Exactly as given, restate each record that follows.

▶ Records provided:
= = = = =

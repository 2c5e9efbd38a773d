-- ===== src/Examples/Install.antt =====
-- An installation that succeeds, one that is rolled back, and one that the next start undoes.
use stumpfworks_identity.Base.{
  ◌≡◌, refl, Bool, true, false, none, some, [], ◌∷◌, codes, text_eq, split, All, find, any, all, ok,
}
use stumpfworks_identity.Examples.Data.{repeated}
use stumpfworks_identity.Updates.Install.{
  StagedComponent, StagePlan, Content, Files, Call, health, recovery, Machine, Hashing, unit_file,
}
use stumpfworks_identity.Updates.Install.Rollback.{
  installed, rolled_back, recovery_failed, checked_plan, install_staged,
}
use stumpfworks_identity.Updates.Install.Outcome.{files_restored}
use stumpfworks_identity.Updates.Install.Recovery.{recovered, recover_pending_update}
use stumpfworks_identity.Updates.Install.Recovered.{pending_recovered}
use stumpfworks_identity.Updates.Install.Installed.{Verified, laid_out, install_installed}

abbrev pub hashing : Hashing
hashing = record { digest = λ t. repeated 64 1; equal_fold = text_eq }

abbrev timer : StagedComponent
timer = record {
  component = codes "swbadge-client-status.timer";
  target = codes "/etc/systemd/system/swbadge-client-status.timer";
  mode = unit_file;
  sha256 = repeated 64 1;
  restart_lightdm = false;
}

abbrev pub plan : StagePlan
plan = record {
  release_version = codes "1.0.0";
  architecture = codes "linux-amd64";
  components = timer ∷ [];
}

abbrev pub machine : Machine
machine = record {
  targets = λ path. some (record { bytes = 1 ∷ []; mode = unit_file });
  payload = λ name. some (2 ∷ []);
  snapshot = none;
  transaction = none;
}

abbrev pub all_work : Call → Bool
all_work c = false

abbrev unhealthy : Call → Bool
unhealthy health = true
unhealthy c = false

abbrev unrecovered : Call → Bool
unrecovered health = true
unrecovered recovery = true
unrecovered c = false

install_run : (install_staged hashing all_work true false 5 (some plan) machine).1 ≡ installed
unfolding install_staged checked_plan stumpfworks_identity.Updates.Install.load_stage_plan
    stumpfworks_identity.Updates.Versions.valid_version
    stumpfworks_identity.Updates.Versions.valid_build stumpfworks_identity.Updates.Versions.cut
    stumpfworks_identity.Updates.Versions.valid_pre stumpfworks_identity.Updates.Versions.valid_main
    split all stumpfworks_identity.Updates.Versions.valid_number
    stumpfworks_identity.Updates.Install.requires_lightdm_maintenance any
    stumpfworks_identity.Updates.Install.validate_staged_payload
    stumpfworks_identity.Updates.Install.validate_components
    stumpfworks_identity.Updates.Install.validate_component
    stumpfworks_identity.Updates.Install.is_specified find text_eq
    stumpfworks_identity.Updates.Install.Rollback.after_restoration
    stumpfworks_identity.Updates.Install.Rollback.apply_plan
    stumpfworks_identity.Updates.Install.Rollback.apply_ready
    stumpfworks_identity.Updates.Install.Rollback.begin_transaction
    stumpfworks_identity.Updates.Install.Rollback.check_copies
    stumpfworks_identity.Updates.Install.Rollback.check_copy
    stumpfworks_identity.Updates.Install.Rollback.checked_copies
    stumpfworks_identity.Updates.Install.Rollback.create_rollback
    stumpfworks_identity.Updates.Install.Rollback.finish_install
    stumpfworks_identity.Updates.Install.Rollback.install_plan
    stumpfworks_identity.Updates.Install.Rollback.prepared_components
    stumpfworks_identity.Updates.Install.Rollback.publish
    stumpfworks_identity.Updates.Install.Rollback.restore_all
    stumpfworks_identity.Updates.Install.Rollback.restore_one
    stumpfworks_identity.Updates.Install.Rollback.restore_rollback
    stumpfworks_identity.Updates.Install.Rollback.rollback_install_failure
    stumpfworks_identity.Updates.Install.Rollback.save_file
    stumpfworks_identity.Updates.Install.Rollback.save_files
    stumpfworks_identity.Updates.Install.Rollback.write_update_transaction
    stumpfworks_identity.Updates.Install.component_specs
    stumpfworks_identity.Updates.Install.copy_and_verify
    stumpfworks_identity.Updates.Install.install_all
    stumpfworks_identity.Updates.Install.install_one
    stumpfworks_identity.Updates.Install.prepare_all
    stumpfworks_identity.Updates.Install.prepare_one
    stumpfworks_identity.Updates.Install.restarts_as_specified
    stumpfworks_identity.Updates.Install.spec_of
    stumpfworks_identity.Updates.Versions.valid_identifiers
install_run = refl

rollback_run : (install_staged hashing unhealthy true false 5 (some plan) machine).1 ≡ rolled_back
unfolding install_staged checked_plan stumpfworks_identity.Updates.Install.load_stage_plan
    stumpfworks_identity.Updates.Versions.valid_version
    stumpfworks_identity.Updates.Versions.valid_build stumpfworks_identity.Updates.Versions.cut
    stumpfworks_identity.Updates.Versions.valid_pre stumpfworks_identity.Updates.Versions.valid_main
    split all stumpfworks_identity.Updates.Versions.valid_number
    stumpfworks_identity.Updates.Install.requires_lightdm_maintenance any
    stumpfworks_identity.Updates.Install.validate_staged_payload
    stumpfworks_identity.Updates.Install.validate_components
    stumpfworks_identity.Updates.Install.validate_component
    stumpfworks_identity.Updates.Install.is_specified find text_eq
    stumpfworks_identity.Updates.Install.Rollback.after_restoration
    stumpfworks_identity.Updates.Install.Rollback.apply_plan
    stumpfworks_identity.Updates.Install.Rollback.apply_ready
    stumpfworks_identity.Updates.Install.Rollback.begin_transaction
    stumpfworks_identity.Updates.Install.Rollback.check_copies
    stumpfworks_identity.Updates.Install.Rollback.check_copy
    stumpfworks_identity.Updates.Install.Rollback.checked_copies
    stumpfworks_identity.Updates.Install.Rollback.create_rollback
    stumpfworks_identity.Updates.Install.Rollback.finish_install
    stumpfworks_identity.Updates.Install.Rollback.install_plan
    stumpfworks_identity.Updates.Install.Rollback.prepared_components
    stumpfworks_identity.Updates.Install.Rollback.publish
    stumpfworks_identity.Updates.Install.Rollback.restore_all
    stumpfworks_identity.Updates.Install.Rollback.restore_one
    stumpfworks_identity.Updates.Install.Rollback.restore_rollback
    stumpfworks_identity.Updates.Install.Rollback.rollback_install_failure
    stumpfworks_identity.Updates.Install.Rollback.save_file
    stumpfworks_identity.Updates.Install.Rollback.save_files
    stumpfworks_identity.Updates.Install.Rollback.write_update_transaction
    stumpfworks_identity.Updates.Install.component_specs
    stumpfworks_identity.Updates.Install.copy_and_verify
    stumpfworks_identity.Updates.Install.install_all
    stumpfworks_identity.Updates.Install.install_one
    stumpfworks_identity.Updates.Install.prepare_all
    stumpfworks_identity.Updates.Install.prepare_one
    stumpfworks_identity.Updates.Install.restarts_as_specified
    stumpfworks_identity.Updates.Install.spec_of
    stumpfworks_identity.Updates.Versions.valid_identifiers
rollback_run = refl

= = = = =

▶ Response for this exercise:
repository 2c5e9efbd38a773d
-- ===== src/Examples/Install.antt =====
-- An installation that succeeds, one that is rolled back, and one that the next start undoes.
use stumpfworks_identity.Base.{
  ◌≡◌, refl, Bool, true, false, none, some, [], ◌∷◌, codes, text_eq, split, All, find, any, all, ok,
}
use stumpfworks_identity.Examples.Data.{repeated}
use stumpfworks_identity.Updates.Install.{
  StagedComponent, StagePlan, Content, Files, Call, health, recovery, Machine, Hashing, unit_file,
}
use stumpfworks_identity.Updates.Install.Rollback.{
  installed, rolled_back, recovery_failed, checked_plan, install_staged,
}
use stumpfworks_identity.Updates.Install.Outcome.{files_restored}
use stumpfworks_identity.Updates.Install.Recovery.{recovered, recover_pending_update}
use stumpfworks_identity.Updates.Install.Recovered.{pending_recovered}
use stumpfworks_identity.Updates.Install.Installed.{Verified, laid_out, install_installed}

abbrev pub hashing : Hashing
hashing = record { digest = λ t. repeated 64 1; equal_fold = text_eq }

abbrev timer : StagedComponent
timer = record {
  component = codes "swbadge-client-status.timer";
  target = codes "/etc/systemd/system/swbadge-client-status.timer";
  mode = unit_file;
  sha256 = repeated 64 1;
  restart_lightdm = false;
}

abbrev pub plan : StagePlan
plan = record {
  release_version = codes "1.0.0";
  architecture = codes "linux-amd64";
  components = timer ∷ [];
}

abbrev pub machine : Machine
machine = record {
  targets = λ path. some (record { bytes = 1 ∷ []; mode = unit_file });
  payload = λ name. some (2 ∷ []);
  snapshot = none;
  transaction = none;
}

abbrev pub all_work : Call → Bool
all_work c = false

abbrev unhealthy : Call → Bool
unhealthy health = true
unhealthy c = false

abbrev unrecovered : Call → Bool
unrecovered health = true
unrecovered recovery = true
unrecovered c = false

install_run : (install_staged hashing all_work true false 5 (some plan) machine).1 ≡ installed
unfolding install_staged checked_plan stumpfworks_identity.Updates.Install.load_stage_plan
    stumpfworks_identity.Updates.Versions.valid_version
    stumpfworks_identity.Updates.Versions.valid_build stumpfworks_identity.Updates.Versions.cut
    stumpfworks_identity.Updates.Versions.valid_pre stumpfworks_identity.Updates.Versions.valid_main
    split all stumpfworks_identity.Updates.Versions.valid_number
    stumpfworks_identity.Updates.Install.requires_lightdm_maintenance any
    stumpfworks_identity.Updates.Install.validate_staged_payload
    stumpfworks_identity.Updates.Install.validate_components
    stumpfworks_identity.Updates.Install.validate_component
    stumpfworks_identity.Updates.Install.is_specified find text_eq
    stumpfworks_identity.Updates.Install.Rollback.after_restoration
    stumpfworks_identity.Updates.Install.Rollback.apply_plan
    stumpfworks_identity.Updates.Install.Rollback.apply_ready
    stumpfworks_identity.Updates.Install.Rollback.begin_transaction
    stumpfworks_identity.Updates.Install.Rollback.check_copies
    stumpfworks_identity.Updates.Install.Rollback.check_copy
    stumpfworks_identity.Updates.Install.Rollback.checked_copies
    stumpfworks_identity.Updates.Install.Rollback.create_rollback
    stumpfworks_identity.Updates.Install.Rollback.finish_install
    stumpfworks_identity.Updates.Install.Rollback.install_plan
    stumpfworks_identity.Updates.Install.Rollback.prepared_components
    stumpfworks_identity.Updates.Install.Rollback.publish
    stumpfworks_identity.Updates.Install.Rollback.restore_all
    stumpfworks_identity.Updates.Install.Rollback.restore_one
    stumpfworks_identity.Updates.Install.Rollback.restore_rollback
    stumpfworks_identity.Updates.Install.Rollback.rollback_install_failure
    stumpfworks_identity.Updates.Install.Rollback.save_file
    stumpfworks_identity.Updates.Install.Rollback.save_files
    stumpfworks_identity.Updates.Install.Rollback.write_update_transaction
    stumpfworks_identity.Updates.Install.component_specs
    stumpfworks_identity.Updates.Install.copy_and_verify
    stumpfworks_identity.Updates.Install.install_all
    stumpfworks_identity.Updates.Install.install_one
    stumpfworks_identity.Updates.Install.prepare_all
    stumpfworks_identity.Updates.Install.prepare_one
    stumpfworks_identity.Updates.Install.restarts_as_specified
    stumpfworks_identity.Updates.Install.spec_of
    stumpfworks_identity.Updates.Versions.valid_identifiers
install_run = refl

rollback_run : (install_staged hashing unhealthy true false 5 (some plan) machine).1 ≡ rolled_back
unfolding install_staged checked_plan stumpfworks_identity.Updates.Install.load_stage_plan
    stumpfworks_identity.Updates.Versions.valid_version
    stumpfworks_identity.Updates.Versions.valid_build stumpfworks_identity.Updates.Versions.cut
    stumpfworks_identity.Updates.Versions.valid_pre stumpfworks_identity.Updates.Versions.valid_main
    split all stumpfworks_identity.Updates.Versions.valid_number
    stumpfworks_identity.Updates.Install.requires_lightdm_maintenance any
    stumpfworks_identity.Updates.Install.validate_staged_payload
    stumpfworks_identity.Updates.Install.validate_components
    stumpfworks_identity.Updates.Install.validate_component
    stumpfworks_identity.Updates.Install.is_specified find text_eq
    stumpfworks_identity.Updates.Install.Rollback.after_restoration
    stumpfworks_identity.Updates.Install.Rollback.apply_plan
    stumpfworks_identity.Updates.Install.Rollback.apply_ready
    stumpfworks_identity.Updates.Install.Rollback.begin_transaction
    stumpfworks_identity.Updates.Install.Rollback.check_copies
    stumpfworks_identity.Updates.Install.Rollback.check_copy
    stumpfworks_identity.Updates.Install.Rollback.checked_copies
    stumpfworks_identity.Updates.Install.Rollback.create_rollback
    stumpfworks_identity.Updates.Install.Rollback.finish_install
    stumpfworks_identity.Updates.Install.Rollback.install_plan
    stumpfworks_identity.Updates.Install.Rollback.prepared_components
    stumpfworks_identity.Updates.Install.Rollback.publish
    stumpfworks_identity.Updates.Install.Rollback.restore_all
    stumpfworks_identity.Updates.Install.Rollback.restore_one
    stumpfworks_identity.Updates.Install.Rollback.restore_rollback
    stumpfworks_identity.Updates.Install.Rollback.rollback_install_failure
    stumpfworks_identity.Updates.Install.Rollback.save_file
    stumpfworks_identity.Updates.Install.Rollback.save_files
    stumpfworks_identity.Updates.Install.Rollback.write_update_transaction
    stumpfworks_identity.Updates.Install.component_specs
    stumpfworks_identity.Updates.Install.copy_and_verify
    stumpfworks_identity.Updates.Install.install_all
    stumpfworks_identity.Updates.Install.install_one
    stumpfworks_identity.Updates.Install.prepare_all
    stumpfworks_identity.Updates.Install.prepare_one
    stumpfworks_identity.Updates.Install.restarts_as_specified
    stumpfworks_identity.Updates.Install.spec_of
    stumpfworks_identity.Updates.Versions.valid_identifiers
rollback_run = refl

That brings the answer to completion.